WHAT THE EXERCISE ASKS
Among the lines below, how many have the word "from"? The reply is that number alone.

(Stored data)
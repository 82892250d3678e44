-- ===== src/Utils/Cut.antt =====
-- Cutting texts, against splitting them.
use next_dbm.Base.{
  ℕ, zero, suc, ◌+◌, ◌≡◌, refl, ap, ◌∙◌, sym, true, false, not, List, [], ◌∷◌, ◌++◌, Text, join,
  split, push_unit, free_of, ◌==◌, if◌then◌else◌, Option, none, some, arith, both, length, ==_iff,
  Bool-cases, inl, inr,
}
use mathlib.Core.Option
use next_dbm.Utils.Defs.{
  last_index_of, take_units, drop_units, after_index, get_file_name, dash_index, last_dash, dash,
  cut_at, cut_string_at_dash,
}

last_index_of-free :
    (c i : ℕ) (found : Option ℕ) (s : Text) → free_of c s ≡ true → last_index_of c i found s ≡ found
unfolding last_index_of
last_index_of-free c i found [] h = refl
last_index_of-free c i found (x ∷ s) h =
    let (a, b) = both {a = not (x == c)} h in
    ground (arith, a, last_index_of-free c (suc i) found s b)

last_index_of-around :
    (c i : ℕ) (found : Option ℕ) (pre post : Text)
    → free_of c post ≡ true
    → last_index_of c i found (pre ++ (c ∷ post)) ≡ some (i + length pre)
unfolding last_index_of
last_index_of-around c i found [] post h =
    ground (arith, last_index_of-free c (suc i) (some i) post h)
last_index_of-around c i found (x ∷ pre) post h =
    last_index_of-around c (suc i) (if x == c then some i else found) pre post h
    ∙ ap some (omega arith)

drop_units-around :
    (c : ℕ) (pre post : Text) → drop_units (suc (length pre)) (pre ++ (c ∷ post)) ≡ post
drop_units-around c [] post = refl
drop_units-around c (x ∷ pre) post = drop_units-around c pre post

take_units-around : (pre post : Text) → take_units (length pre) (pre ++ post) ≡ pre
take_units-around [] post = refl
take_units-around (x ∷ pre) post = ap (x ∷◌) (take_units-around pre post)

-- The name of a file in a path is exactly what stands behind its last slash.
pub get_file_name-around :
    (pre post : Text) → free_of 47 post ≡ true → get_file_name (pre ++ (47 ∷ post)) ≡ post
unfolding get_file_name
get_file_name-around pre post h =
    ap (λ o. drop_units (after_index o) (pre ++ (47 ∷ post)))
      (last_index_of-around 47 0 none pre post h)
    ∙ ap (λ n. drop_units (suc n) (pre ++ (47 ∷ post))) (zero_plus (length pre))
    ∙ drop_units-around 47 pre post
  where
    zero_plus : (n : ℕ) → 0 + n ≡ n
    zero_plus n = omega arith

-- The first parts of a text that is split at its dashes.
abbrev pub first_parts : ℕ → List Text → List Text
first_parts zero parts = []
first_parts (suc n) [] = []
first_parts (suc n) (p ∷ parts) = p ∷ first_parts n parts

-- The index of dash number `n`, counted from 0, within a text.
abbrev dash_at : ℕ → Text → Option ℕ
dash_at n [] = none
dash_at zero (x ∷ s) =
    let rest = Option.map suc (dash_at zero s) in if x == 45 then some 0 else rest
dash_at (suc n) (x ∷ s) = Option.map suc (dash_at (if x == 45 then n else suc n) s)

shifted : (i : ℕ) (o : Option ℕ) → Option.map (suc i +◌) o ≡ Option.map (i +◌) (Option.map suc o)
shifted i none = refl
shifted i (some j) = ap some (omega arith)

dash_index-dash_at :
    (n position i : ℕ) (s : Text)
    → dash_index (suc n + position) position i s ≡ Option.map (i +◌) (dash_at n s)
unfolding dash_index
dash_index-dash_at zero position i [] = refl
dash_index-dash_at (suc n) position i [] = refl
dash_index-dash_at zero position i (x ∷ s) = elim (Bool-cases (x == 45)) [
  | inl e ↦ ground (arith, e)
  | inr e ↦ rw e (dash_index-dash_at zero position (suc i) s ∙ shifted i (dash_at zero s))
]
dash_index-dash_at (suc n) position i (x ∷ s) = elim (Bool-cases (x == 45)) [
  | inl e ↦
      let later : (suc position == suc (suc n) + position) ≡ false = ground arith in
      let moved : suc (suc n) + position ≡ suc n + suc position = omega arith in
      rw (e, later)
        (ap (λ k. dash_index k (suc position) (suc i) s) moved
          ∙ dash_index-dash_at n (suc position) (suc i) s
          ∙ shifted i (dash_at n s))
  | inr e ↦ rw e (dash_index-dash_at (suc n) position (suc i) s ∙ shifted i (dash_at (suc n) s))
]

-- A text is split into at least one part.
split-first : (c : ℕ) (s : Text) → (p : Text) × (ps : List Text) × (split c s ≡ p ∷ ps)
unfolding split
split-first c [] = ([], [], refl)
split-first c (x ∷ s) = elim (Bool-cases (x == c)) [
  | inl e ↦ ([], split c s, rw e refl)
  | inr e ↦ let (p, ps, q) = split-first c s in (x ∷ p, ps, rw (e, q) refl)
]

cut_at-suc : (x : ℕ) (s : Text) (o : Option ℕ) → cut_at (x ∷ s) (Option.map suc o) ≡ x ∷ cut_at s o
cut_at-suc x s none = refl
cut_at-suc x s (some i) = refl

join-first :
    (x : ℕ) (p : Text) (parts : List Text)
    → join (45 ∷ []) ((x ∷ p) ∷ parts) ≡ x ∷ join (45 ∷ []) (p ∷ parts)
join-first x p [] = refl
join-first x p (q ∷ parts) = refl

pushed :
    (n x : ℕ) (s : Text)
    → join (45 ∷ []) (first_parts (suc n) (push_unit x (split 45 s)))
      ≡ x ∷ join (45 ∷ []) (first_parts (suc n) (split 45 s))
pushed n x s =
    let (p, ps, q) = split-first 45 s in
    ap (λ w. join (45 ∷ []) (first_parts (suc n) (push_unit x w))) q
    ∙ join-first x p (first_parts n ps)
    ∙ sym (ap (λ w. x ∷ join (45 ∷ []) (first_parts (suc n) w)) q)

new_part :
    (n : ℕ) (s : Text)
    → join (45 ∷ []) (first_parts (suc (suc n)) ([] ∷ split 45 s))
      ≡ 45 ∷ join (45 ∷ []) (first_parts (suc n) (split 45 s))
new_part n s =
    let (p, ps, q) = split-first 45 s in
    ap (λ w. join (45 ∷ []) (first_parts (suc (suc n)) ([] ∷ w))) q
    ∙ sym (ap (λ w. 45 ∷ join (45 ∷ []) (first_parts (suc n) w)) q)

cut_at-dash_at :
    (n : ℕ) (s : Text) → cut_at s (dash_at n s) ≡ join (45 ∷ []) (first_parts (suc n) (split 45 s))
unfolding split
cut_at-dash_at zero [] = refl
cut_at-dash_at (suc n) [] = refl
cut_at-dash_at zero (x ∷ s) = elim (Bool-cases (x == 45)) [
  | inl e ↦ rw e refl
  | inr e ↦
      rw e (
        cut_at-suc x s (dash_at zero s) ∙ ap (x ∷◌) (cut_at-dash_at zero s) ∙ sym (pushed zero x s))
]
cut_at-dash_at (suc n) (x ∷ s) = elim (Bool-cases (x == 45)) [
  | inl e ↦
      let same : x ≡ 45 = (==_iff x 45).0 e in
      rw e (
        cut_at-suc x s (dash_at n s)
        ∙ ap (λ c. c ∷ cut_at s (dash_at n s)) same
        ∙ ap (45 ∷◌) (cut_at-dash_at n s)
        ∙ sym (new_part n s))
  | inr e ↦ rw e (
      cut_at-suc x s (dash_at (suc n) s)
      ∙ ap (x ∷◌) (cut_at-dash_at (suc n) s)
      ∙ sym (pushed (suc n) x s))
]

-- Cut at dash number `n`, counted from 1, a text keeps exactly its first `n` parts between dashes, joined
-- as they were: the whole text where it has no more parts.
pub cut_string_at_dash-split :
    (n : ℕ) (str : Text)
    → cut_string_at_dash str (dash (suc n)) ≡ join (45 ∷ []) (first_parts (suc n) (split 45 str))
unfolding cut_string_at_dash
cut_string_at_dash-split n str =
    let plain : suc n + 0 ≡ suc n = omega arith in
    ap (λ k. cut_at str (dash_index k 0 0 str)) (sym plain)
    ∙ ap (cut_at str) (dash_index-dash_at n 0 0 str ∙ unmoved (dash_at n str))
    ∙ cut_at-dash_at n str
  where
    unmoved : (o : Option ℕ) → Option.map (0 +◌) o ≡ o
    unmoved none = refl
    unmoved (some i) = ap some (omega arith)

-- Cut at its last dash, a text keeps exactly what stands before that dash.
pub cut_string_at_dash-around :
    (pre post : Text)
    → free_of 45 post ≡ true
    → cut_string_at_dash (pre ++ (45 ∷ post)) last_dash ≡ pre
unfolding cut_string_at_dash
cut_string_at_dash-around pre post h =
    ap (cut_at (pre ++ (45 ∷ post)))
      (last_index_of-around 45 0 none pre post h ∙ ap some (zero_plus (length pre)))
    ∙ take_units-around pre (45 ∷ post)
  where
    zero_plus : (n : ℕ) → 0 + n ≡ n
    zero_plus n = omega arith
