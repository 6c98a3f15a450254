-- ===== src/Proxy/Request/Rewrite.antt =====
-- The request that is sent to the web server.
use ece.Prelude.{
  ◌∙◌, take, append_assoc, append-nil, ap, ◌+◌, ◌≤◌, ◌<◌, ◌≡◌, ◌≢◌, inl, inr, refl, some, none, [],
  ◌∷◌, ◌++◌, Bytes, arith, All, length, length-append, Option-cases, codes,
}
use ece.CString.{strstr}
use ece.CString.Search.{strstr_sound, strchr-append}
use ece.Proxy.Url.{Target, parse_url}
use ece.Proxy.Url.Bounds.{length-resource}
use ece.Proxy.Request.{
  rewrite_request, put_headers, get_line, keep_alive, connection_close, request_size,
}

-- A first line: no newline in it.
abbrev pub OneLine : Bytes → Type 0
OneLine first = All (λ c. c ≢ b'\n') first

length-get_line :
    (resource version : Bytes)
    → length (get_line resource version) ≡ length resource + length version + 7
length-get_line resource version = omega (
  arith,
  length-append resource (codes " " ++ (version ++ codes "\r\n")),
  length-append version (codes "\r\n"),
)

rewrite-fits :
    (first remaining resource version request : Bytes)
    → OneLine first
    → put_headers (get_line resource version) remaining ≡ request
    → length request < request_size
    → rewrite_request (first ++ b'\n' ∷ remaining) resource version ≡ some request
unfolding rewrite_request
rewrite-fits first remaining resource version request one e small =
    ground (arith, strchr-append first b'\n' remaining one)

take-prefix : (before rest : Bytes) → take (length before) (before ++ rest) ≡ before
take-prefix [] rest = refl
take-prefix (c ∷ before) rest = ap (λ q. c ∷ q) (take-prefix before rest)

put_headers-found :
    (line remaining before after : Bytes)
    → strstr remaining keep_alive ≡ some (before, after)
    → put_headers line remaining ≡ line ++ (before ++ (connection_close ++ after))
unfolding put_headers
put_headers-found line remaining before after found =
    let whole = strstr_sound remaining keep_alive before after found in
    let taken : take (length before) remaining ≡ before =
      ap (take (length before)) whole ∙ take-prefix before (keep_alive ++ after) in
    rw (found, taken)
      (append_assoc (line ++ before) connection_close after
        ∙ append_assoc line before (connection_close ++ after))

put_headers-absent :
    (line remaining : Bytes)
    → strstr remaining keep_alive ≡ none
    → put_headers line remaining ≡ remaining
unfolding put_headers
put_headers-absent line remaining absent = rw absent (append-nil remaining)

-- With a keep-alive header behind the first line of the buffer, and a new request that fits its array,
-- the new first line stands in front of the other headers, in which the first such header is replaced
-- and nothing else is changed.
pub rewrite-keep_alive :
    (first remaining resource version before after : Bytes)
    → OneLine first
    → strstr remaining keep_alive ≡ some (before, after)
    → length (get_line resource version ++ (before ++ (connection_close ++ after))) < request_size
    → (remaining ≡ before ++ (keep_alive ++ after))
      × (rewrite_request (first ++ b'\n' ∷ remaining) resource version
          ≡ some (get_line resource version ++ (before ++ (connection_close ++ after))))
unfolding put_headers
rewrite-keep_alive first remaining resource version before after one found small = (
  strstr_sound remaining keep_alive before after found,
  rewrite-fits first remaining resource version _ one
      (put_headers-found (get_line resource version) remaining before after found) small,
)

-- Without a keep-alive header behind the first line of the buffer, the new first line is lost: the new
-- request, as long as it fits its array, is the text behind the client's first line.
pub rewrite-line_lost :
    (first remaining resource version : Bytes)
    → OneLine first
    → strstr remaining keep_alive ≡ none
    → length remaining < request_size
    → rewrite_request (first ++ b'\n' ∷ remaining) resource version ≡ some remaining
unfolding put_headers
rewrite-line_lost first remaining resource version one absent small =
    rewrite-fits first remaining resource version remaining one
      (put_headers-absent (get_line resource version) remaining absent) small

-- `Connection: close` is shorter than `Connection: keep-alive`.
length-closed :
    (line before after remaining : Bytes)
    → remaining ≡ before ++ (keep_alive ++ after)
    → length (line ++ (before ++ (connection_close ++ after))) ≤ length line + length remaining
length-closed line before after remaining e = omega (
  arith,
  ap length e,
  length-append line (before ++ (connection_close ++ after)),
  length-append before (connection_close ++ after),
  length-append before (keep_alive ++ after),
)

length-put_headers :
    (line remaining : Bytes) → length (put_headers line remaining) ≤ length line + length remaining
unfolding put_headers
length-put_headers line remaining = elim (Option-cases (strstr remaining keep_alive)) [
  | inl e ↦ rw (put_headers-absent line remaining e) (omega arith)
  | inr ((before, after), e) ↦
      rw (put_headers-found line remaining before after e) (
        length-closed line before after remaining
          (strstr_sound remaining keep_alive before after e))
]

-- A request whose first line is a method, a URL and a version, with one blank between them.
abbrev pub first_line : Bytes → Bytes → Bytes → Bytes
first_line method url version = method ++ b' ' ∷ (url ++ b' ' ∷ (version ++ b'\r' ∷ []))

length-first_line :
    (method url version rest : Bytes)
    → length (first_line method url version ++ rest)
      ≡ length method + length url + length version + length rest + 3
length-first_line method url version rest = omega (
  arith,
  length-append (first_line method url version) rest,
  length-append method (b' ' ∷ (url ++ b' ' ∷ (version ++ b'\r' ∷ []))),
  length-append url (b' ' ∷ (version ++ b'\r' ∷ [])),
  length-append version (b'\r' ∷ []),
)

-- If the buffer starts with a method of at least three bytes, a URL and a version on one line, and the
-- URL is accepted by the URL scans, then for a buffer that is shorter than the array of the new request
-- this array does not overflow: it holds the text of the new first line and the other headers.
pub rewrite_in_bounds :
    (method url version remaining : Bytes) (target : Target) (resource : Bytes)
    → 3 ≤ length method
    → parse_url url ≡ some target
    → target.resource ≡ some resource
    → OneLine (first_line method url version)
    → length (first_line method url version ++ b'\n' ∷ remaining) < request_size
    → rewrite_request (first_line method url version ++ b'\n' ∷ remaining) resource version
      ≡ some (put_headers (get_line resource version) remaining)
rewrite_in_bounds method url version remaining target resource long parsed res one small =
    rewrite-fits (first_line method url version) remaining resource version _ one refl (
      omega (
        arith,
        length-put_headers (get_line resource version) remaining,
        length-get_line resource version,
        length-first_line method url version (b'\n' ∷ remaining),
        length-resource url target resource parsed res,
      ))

COMPLETED TASK
2